- **EXERCISE**
Set out exactly, line by line, the stretch of data below that begins at the line containing "unfoldable pub same_criteria" and ends at the line containing "none ↦ some bad_json", with both ends kept.

### INPUT RECORDS

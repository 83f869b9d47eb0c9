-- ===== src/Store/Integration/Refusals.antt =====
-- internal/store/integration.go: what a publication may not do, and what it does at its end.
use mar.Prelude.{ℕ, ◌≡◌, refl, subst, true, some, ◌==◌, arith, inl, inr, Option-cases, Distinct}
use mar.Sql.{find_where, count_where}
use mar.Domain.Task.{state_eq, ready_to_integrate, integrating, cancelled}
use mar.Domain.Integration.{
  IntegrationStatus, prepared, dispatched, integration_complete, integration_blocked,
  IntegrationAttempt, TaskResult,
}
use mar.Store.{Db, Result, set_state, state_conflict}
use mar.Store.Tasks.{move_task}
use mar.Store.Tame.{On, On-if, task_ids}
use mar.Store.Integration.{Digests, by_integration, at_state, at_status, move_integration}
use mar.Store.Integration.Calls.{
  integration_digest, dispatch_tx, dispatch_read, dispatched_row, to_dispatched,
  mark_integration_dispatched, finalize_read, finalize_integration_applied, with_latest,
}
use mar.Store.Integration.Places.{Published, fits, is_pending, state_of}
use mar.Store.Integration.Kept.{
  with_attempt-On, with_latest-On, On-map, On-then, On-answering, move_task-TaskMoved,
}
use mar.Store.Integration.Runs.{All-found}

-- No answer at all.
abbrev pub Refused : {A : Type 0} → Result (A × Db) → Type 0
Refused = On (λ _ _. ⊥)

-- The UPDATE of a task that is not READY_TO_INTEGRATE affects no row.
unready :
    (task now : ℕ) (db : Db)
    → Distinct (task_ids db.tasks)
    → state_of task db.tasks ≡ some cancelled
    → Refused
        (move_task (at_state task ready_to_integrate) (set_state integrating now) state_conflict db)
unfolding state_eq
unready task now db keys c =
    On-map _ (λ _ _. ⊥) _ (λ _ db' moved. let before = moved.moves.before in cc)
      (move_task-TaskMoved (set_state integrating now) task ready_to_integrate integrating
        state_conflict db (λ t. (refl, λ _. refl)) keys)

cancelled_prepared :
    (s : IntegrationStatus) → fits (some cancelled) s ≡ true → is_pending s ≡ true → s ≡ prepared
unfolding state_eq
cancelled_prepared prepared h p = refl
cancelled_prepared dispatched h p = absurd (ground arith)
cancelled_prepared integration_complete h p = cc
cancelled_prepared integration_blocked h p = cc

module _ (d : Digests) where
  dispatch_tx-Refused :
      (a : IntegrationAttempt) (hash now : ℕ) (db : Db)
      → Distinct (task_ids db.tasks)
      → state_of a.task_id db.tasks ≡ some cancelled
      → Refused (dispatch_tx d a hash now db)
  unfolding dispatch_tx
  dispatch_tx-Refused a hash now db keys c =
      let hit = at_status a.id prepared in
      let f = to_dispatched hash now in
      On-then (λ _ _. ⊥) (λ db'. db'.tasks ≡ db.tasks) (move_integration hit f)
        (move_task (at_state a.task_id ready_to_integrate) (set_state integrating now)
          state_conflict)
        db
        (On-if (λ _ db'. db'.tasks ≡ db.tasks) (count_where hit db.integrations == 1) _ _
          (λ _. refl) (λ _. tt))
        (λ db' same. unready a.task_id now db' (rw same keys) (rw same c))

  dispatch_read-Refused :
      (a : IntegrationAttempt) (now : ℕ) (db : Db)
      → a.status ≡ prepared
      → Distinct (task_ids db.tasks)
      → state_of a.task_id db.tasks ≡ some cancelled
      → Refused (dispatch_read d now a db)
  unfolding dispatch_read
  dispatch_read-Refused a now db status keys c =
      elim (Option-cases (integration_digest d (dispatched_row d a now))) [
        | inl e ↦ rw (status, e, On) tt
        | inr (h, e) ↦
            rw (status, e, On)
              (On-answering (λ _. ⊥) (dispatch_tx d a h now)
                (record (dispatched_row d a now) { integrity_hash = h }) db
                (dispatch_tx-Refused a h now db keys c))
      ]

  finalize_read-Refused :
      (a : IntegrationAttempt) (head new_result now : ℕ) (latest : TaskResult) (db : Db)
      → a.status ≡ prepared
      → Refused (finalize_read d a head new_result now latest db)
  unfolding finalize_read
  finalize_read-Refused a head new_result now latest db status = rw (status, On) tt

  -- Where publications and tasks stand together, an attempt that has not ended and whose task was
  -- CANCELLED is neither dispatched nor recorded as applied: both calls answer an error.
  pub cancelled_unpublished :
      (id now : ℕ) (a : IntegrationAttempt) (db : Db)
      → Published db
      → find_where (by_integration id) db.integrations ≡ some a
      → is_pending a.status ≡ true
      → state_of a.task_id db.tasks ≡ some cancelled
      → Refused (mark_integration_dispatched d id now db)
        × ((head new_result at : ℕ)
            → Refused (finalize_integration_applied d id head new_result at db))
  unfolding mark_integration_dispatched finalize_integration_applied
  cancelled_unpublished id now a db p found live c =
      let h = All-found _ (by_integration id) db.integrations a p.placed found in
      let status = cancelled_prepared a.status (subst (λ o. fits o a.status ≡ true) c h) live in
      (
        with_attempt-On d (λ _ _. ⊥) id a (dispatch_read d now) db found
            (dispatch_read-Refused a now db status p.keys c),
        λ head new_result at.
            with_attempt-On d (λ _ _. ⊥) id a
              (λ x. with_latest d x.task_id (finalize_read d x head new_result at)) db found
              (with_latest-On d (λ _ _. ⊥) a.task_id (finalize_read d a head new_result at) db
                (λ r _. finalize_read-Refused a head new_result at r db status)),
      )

######
### INPUT RECORDS

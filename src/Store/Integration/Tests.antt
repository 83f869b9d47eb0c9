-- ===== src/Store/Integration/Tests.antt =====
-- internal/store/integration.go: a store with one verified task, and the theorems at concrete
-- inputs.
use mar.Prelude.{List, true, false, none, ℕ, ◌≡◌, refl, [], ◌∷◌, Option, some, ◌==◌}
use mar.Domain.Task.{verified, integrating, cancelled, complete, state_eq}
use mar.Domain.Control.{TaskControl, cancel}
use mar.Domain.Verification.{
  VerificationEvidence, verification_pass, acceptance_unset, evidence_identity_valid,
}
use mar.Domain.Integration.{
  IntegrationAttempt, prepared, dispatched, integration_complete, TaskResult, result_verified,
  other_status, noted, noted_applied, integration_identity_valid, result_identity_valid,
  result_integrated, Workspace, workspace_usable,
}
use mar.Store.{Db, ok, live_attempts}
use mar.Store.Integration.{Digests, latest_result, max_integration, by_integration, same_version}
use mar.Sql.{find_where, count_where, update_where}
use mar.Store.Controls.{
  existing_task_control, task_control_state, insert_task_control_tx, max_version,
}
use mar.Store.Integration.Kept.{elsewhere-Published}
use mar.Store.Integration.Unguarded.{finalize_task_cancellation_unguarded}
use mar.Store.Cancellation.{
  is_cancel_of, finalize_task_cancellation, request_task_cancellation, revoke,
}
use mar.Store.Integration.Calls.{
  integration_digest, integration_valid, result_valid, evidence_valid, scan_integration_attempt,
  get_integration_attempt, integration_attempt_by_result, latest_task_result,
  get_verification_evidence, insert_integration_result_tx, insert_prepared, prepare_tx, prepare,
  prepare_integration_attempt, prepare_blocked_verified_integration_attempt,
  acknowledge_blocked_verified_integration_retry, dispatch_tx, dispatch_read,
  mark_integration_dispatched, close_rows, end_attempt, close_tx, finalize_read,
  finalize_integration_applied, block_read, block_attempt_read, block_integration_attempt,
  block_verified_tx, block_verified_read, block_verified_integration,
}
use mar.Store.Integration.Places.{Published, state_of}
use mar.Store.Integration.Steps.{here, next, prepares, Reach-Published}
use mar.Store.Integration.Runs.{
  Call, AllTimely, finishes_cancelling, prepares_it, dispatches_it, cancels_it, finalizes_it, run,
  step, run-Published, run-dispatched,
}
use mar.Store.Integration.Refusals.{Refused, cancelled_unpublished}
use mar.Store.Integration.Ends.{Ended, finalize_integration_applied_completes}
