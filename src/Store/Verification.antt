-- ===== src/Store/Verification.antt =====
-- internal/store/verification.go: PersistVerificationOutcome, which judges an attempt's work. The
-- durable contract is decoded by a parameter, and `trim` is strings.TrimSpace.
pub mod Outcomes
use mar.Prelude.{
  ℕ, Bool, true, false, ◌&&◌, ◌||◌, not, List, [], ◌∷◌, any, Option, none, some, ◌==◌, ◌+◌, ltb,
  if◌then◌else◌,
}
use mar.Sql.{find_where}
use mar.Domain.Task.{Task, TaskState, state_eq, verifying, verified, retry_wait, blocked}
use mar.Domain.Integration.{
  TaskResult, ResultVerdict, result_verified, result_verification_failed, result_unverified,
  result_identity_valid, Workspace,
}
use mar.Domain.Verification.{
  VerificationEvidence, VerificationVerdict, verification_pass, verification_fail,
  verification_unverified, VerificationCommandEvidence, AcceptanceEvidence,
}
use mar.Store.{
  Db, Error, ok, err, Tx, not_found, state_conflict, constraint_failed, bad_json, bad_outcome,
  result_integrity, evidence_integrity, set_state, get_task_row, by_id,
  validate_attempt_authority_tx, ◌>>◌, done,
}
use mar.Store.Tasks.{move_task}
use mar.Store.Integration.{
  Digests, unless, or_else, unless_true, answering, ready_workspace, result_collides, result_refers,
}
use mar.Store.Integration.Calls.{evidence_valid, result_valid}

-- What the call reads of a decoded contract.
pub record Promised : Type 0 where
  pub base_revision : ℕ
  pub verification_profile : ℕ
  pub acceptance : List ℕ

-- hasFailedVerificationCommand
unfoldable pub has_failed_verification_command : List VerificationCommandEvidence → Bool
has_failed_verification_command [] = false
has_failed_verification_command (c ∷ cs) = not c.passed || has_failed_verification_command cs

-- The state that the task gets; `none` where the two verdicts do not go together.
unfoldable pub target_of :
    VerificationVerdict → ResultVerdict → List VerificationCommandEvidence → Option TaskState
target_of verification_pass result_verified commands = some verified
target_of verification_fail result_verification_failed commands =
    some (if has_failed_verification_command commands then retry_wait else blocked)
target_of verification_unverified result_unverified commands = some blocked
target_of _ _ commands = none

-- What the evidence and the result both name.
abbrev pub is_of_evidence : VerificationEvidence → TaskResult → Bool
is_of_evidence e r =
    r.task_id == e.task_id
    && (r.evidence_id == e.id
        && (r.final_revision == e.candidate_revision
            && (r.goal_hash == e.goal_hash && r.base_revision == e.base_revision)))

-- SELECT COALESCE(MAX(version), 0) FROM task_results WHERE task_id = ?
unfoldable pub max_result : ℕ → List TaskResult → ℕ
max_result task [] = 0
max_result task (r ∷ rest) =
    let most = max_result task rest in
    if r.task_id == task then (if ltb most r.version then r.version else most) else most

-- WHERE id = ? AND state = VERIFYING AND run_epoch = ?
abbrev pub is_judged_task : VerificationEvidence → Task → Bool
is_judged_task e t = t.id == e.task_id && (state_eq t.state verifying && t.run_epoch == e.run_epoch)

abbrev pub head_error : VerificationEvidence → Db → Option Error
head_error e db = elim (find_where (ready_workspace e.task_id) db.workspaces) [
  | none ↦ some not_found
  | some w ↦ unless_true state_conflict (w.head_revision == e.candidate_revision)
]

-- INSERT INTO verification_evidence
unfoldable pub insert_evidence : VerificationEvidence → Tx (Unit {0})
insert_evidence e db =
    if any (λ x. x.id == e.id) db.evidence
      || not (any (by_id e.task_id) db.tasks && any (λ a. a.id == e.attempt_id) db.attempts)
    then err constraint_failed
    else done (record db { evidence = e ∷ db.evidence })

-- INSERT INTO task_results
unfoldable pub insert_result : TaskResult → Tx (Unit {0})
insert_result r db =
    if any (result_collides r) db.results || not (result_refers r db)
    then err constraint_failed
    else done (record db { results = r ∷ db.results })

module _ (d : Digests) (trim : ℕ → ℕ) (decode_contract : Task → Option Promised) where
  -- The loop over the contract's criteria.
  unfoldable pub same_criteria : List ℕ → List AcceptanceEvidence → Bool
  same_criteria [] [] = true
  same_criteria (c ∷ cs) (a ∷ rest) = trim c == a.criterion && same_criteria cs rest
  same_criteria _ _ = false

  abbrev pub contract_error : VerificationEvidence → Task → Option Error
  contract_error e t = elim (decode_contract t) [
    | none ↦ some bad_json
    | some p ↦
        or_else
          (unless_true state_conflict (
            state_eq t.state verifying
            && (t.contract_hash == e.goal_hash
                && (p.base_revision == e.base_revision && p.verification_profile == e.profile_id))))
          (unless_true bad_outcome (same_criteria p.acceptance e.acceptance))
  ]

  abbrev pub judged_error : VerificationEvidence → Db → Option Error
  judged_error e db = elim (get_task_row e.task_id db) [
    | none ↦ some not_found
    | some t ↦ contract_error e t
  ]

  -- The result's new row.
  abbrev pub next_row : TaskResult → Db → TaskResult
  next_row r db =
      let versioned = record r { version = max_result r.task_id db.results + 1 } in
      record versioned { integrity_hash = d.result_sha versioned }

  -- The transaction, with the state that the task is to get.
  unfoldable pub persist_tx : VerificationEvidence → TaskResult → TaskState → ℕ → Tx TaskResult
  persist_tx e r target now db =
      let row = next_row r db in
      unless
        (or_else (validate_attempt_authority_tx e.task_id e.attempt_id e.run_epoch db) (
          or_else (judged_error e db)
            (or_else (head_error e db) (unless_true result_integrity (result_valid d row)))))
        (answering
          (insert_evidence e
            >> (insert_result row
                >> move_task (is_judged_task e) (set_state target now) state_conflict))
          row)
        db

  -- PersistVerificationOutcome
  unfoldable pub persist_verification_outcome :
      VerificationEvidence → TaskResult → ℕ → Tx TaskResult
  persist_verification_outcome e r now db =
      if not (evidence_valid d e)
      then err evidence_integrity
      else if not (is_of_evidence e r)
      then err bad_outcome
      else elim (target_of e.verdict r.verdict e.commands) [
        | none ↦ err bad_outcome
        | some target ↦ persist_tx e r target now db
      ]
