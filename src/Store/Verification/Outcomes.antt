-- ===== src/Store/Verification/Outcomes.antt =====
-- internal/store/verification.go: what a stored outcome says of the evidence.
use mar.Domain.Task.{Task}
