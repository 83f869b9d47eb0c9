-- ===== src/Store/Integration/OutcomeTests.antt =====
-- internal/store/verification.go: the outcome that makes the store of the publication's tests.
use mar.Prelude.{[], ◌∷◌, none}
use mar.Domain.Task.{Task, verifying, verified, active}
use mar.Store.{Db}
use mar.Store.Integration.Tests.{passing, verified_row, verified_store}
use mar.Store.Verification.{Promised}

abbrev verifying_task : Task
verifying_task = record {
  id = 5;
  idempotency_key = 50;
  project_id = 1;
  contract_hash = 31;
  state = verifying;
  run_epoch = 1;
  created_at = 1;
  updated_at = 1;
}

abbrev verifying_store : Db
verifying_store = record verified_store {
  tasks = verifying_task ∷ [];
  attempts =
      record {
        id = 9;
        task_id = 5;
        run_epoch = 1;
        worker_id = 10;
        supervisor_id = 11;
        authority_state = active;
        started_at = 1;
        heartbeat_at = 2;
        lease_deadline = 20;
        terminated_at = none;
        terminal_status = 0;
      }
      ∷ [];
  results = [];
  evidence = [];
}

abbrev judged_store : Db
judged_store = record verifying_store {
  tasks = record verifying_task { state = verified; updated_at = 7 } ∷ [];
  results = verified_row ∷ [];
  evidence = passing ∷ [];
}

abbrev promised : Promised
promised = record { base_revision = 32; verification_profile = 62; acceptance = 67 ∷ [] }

######

- **ANSWER BOX**
  unfoldable pub same_criteria : List ℕ → List AcceptanceEvidence → Bool
  same_criteria [] [] = true
  same_criteria (c ∷ cs) (a ∷ rest) = trim c == a.criterion && same_criteria cs rest
  same_criteria _ _ = false

  abbrev pub contract_error : VerificationEvidence → Task → Option Error
  contract_error e t = elim (decode_contract t) [
    | none ↦ some bad_json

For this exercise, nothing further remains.